RAPGEF1, also known as C3G, is a brain-expressed gene that is responsible for Rap1 activation downstream of the Reelin signalling and plays a crucial role in neural development, in particular radial glial attachment and neuronal migration [51, 52] . Dosage alterations in RAPGEF1 have been associated with cerebral palsy [53] and a missense variant (c.423G>A (NM_198679.1, NP_941372.1:p.[M141I])) was found to be associated with neuropsychiatric symptoms in two siblings from a Pakistani pedigree (moderate intellectual disability, mood swings, repetitive behaviour and speech issues in one individual). A rapgef1 zebrafish model identified a role in both brain and blood vessel development and showed that knockdown of Rapgef1 negatively influences locomotor capacity and motor neuron axon function [54]. Mouse models have shown that mice deficient in RAPGEF1 have an increased level of nuclear beta-catenin and increased neuronal precursor cell proliferation in the cerebral cortex [55] with impaired cortical neuron migration [51]. ERBB4 is also brain-expressed and is a receptor for Neuregulin-1 (NRG1). Together the NRG1-ErbB4 pathway has been shown to be crucial for brain development, regulating the assembly of neural circuitry, myelination, neurotransmission, and synaptic plasticity [56]. Increased NRG1-ErbB4 protein levels in temporal cortex have been seen in patients with symptomatic epilepsy [57]. Furthermore, ErbB4 signalling has been shown to regulate top-down attention in mice, suggesting it may play a role in ADHD [58]. ErbB4 has also been shown in mouse models to play a role in long-term plasticity at inhibitory synapses from PV expressing interneurons, and that this plasticity is involved in the emergence of social memory during late adolescence [59]. The NRG1-ErbB4 pathway has been implicated in early schizophrenia association studies [60,61,62,63] and rare structural variants in the ERBB4 gene have been identified in ASD [64], however, these results have not been replicated. IKZF2, also known as Helios, is a transcription factor (Zinc-finger) that has recently been shown to play a role in neuronal development, specifically, in the maturation of CA1 neuronal sub-cell population [65]. Helios null mice have also been shown to display schizophrenia-like symptoms.

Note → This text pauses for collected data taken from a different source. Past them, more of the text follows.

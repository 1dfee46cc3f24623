-- ===== src/ProtectedStore/Worker/Scheduled.antt =====
-- A whole run of the scheduled deletion: internal/protectedstore/lifecycle.go,
-- `ProcessDuePurgesAudited`, with `EligibleForPurge` of memory_repository.go.
use secure_file_storage_syst.Prelude.{
  ℕ, ◌^◌, ◌≤◌, ◌<◌, String, true, false, ◌≡◌, sym, ap, subst, ◌∙◌, some, List, length, All,
  All-mono, All-both, arith, if◌then◌else◌, ◌==◌, string_eq, Bool-cases, inl, inr,
}
use secure_file_storage_syst.Prelude.Int64.{Int64, lt64, lt64_small}
use secure_file_storage_syst.Prelude.Map.{lookup, lookup-All}
use secure_file_storage_syst.Prelude.Keys.{Distinct}
use secure_file_storage_syst.Prelude.Sort.{sort, sort-All, All-of_sort, length-sort, sort-Pairwise}
use secure_file_storage_syst.Prelude.Time.{truncate}
use secure_file_storage_syst.ProtectedStore.{LifecycleFile, MemoryRepository}
use secure_file_storage_syst.ProtectedStore.Lifecycle.{is_eligible}
use secure_file_storage_syst.ProtectedStore.Worker.{
  Primitives, Run, WorkerResult, due, eligible_for_purge, process_all, process_files,
  process_due_purges, purge_first_of, at_most,
}
use secure_file_storage_syst.ProtectedStore.Worker.Purging.{
  Separate, Separate-sym, IsReady, IsDue, purged_by_run, process_all_lem,
}
use secure_file_storage_syst.ProtectedStore.Worker.Due.{
  due-All, All-of_due, entries_lookup, IsKeyed, zero_plus, OperationsDiffer, due-Pairwise,
}

at_most-all :
    (limit : Int64) (files : List LifecycleFile)
    → limit < 2 ^ 63
    → length files ≤ limit
    → at_most limit files ≡ files
at_most-all limit files small enough =
    let test = lt64_small limit (length files) small (omega arith) in
    ground (arith, test, Bool-cases (lt64 0 limit))

module _ (p : Primitives) (run : Run) (time : ℕ) (r : MemoryRepository) where
  -- The time of the run, in microseconds.
  abbrev pub now : ℕ
  now = truncate time

  -- The files that the worker lists, when the limit is no lower than their number.
  abbrev sorted : List LifecycleFile
  sorted = sort purge_first_of (due now r.lifecycle)

  -- Every file that is due can be purged.
  unfoldable pub AllReady : Type 0
  AllReady =
      (id : String) (f : LifecycleFile)
      → lookup id r.lifecycle ≡ some f
      → is_eligible now f ≡ true
      → IsReady p run now r f

  sorted-IsDue :
      Distinct r.lifecycle → IsKeyed r.lifecycle → AllReady → All (IsDue p run now r) sorted
  unfolding AllReady
  sorted-IsDue distinct keyed ready =
      sort-All purge_first_of (IsDue p run now r) (due now r.lifecycle) (
        due-All now (IsDue p run now r) r.lifecycle (
          All-mono r.lifecycle
            (λ e h eligible. record {
              found = ap (λ (j : String). lookup j r.lifecycle) (sym h.1) ∙ h.0;
              eligible = eligible;
              ready = ready e.0 e.1 h.0 eligible;
            })
            (All-both _ _ r.lifecycle (entries_lookup r.lifecycle distinct) keyed)))

  others_lem :
      (id : String) (f : LifecycleFile)
      → Distinct r.lifecycle
      → IsKeyed r.lifecycle
      → lookup id r.lifecycle ≡ some f
      → is_eligible now f ≡ false
      → All (λ (g : LifecycleFile). (g.file_id == id) ≡ false) sorted
  others_lem id f distinct keyed found spared =
      sort-All purge_first_of (λ (g : LifecycleFile). (g.file_id == id) ≡ false)
        (due now r.lifecycle)
        (due-All now (λ (g : LifecycleFile). (g.file_id == id) ≡ false) r.lifecycle
          (All-mono r.lifecycle (λ e h eligible. other e h.0 h.1 eligible)
            (All-both _ _ r.lifecycle (entries_lookup r.lifecycle distinct) keyed)))
    where
      other :
          (e : String × LifecycleFile)
          → lookup e.0 r.lifecycle ≡ some e.1
          → e.0 ≡ e.1.file_id
          → is_eligible now e.1 ≡ true
          → (e.1.file_id == id) ≡ false
      other e stored key eligible = elim (Bool-cases (e.1.file_id == id)) [
        | inl same ↦
            let met = key ∙ (string_eq.beq_iff e.1.file_id id).0 same in
            let twice = sym stored ∙ ap (λ (j : String). lookup j r.lifecycle) met ∙ found in
            absurd (ground (arith, twice, eligible, spared))
        | inr apart ↦ apart
      ]

  -- All due files are counted as completed and have a record that says when they were purged; the
  -- record of any other file is what it was.
  unfoldable pub PurgesDue : WorkerResult × MemoryRepository → Type 0
  PurgesDue (result, t) =
      (result ≡ record {
        examined = length (due now r.lifecycle);
        completed = length (due now r.lifecycle);
        failed = 0;
      })
      × ((id : String) (f : LifecycleFile)
          → lookup id r.lifecycle ≡ some f
          → lookup id t.lifecycle
            ≡ some (if is_eligible now f then purged_by_run p run now f else f))

  listed : Int64 → List LifecycleFile
  listed limit = eligible_for_purge now limit r

  listed_lem :
      (limit : Int64)
      → limit < 2 ^ 63
      → length (due now r.lifecycle) ≤ limit
      → listed limit ≡ sorted
  unfolding listed eligible_for_purge
  listed_lem limit small enough =
      at_most-all limit sorted small
        (omega (arith, enough, length-sort purge_first_of (due now r.lifecycle)))

  abbrev Gone : MemoryRepository → LifecycleFile → Type 0
  Gone t f = lookup f.file_id t.lifecycle ≡ some (purged_by_run p run now f)

  sorted-PurgesDue :
      Distinct r.lifecycle
      → IsKeyed r.lifecycle
      → AllReady
      → OperationsDiffer p now r.lifecycle
      → PurgesDue (process_files p run now r sorted)
  unfolding PurgesDue process_files
  sorted-PurgesDue distinct keyed ready differ =
      let apart = sort-Pairwise (Separate p) purge_first_of (Separate-sym p) (due now r.lifecycle) (
        due-Pairwise p now r.lifecycle r.lifecycle differ (entries_lookup r.lifecycle distinct)
          distinct keyed) in
      let number = length-sort purge_first_of (due now r.lifecycle) in
      let start : WorkerResult = record { examined = length sorted; completed = 0; failed = 0 } in
      let (counted, gone, kept) =
        process_all_lem p run now sorted start r (sorted-IsDue distinct keyed ready) apart in
      (
        counted ∙ (λ i. record {
          examined = number i;
          completed = (zero_plus (length sorted) ∙ number) i;
          failed = 0;
        }),
        λ id f found. elim (Bool-cases (is_eligible now f)) [
          | inl eligible ↦
              let t = (process_all p run now sorted (start, r)).1 in
              let done =
                All-of_due now (Gone t) r.lifecycle
                  (All-of_sort purge_first_of (Gone t) (due now r.lifecycle) gone) in
              let mine =
                lookup-All (λ (e : String × LifecycleFile). is_eligible now e.1 ≡ true → Gone t e.1)
                  id r.lifecycle f done found eligible in
              let key =
                lookup-All (λ (e : String × LifecycleFile). e.0 ≡ e.1.file_id) id r.lifecycle f
                  keyed found in
              ap (λ (j : String). lookup j t.lifecycle) key ∙ mine ∙ ground (arith, eligible)
          | inr spared ↦
              kept id (others_lem id f distinct keyed found spared) ∙ found ∙ ground (arith, spared)
        ],
      )

  -- A run of the worker that may take all due files purges each of them and no other: it counts all
  -- as completed and none as failed, a due file has a record that says when it was purged, and the
  -- record of any other file, one under a legal hold or an active retention included, is what it was.
  -- The records are distinct and each under its file's identifier, an identifier can be drawn for each
  -- due file, the clock does not run back during the run, and the operations of the due files are
  -- accepted, new and told apart.
  pub worker-PurgesDue :
      (limit : ℕ)
      → limit < 2 ^ 63
      → length (due now r.lifecycle) ≤ limit
      → Distinct r.lifecycle
      → IsKeyed r.lifecycle
      → AllReady
      → OperationsDiffer p now r.lifecycle
      → PurgesDue (process_due_purges p run limit time r)
  unfolding process_due_purges listed
  worker-PurgesDue limit small enough distinct keyed ready differ =
      subst (λ (fs : List LifecycleFile). PurgesDue (process_files p run now r fs))
        (sym (listed_lem limit small enough)) (sorted-PurgesDue distinct keyed ready differ)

Family-based WGS projects play an important role in helping us elucidate the complex genetic architecture of psychiatric disorders, allowing the full spectrum of genetic variations to be investigated simultaneously. Furthermore, rare, high-effect variations associated with illness can be found to be enriched in large pedigrees, increasing statistical power to identify such variants compared to population studies. We have identified five deleterious variants across four haplotypes that suggest potential mechanisms by which rare and ultra-rare variants on IBD haplotypes may potentially contribute towards TS aetiology in this extended pedigree. We have compiled converging evidence supporting the interaction of genes through common networks; the role of several of these genes in other neuropsychiatric disorders; expression of these genes in relevant tissues and cell types (excitatory and inhibitory neurons); and enrichment in relevant GO terms. Of particular note, RAPGEF1, ERBB4 and IKZF2 are all supported by independent studies to potentially play a role in neuropsychiatric phenotypes and are functionally connected to other genes with rare haplotype-specific variants (Suppl Fig. 6). These findings, though tentative, point to an intriguing pattern of functional connection between the genes with rare and ultra-rare haplotype-specific variants present in our analysis.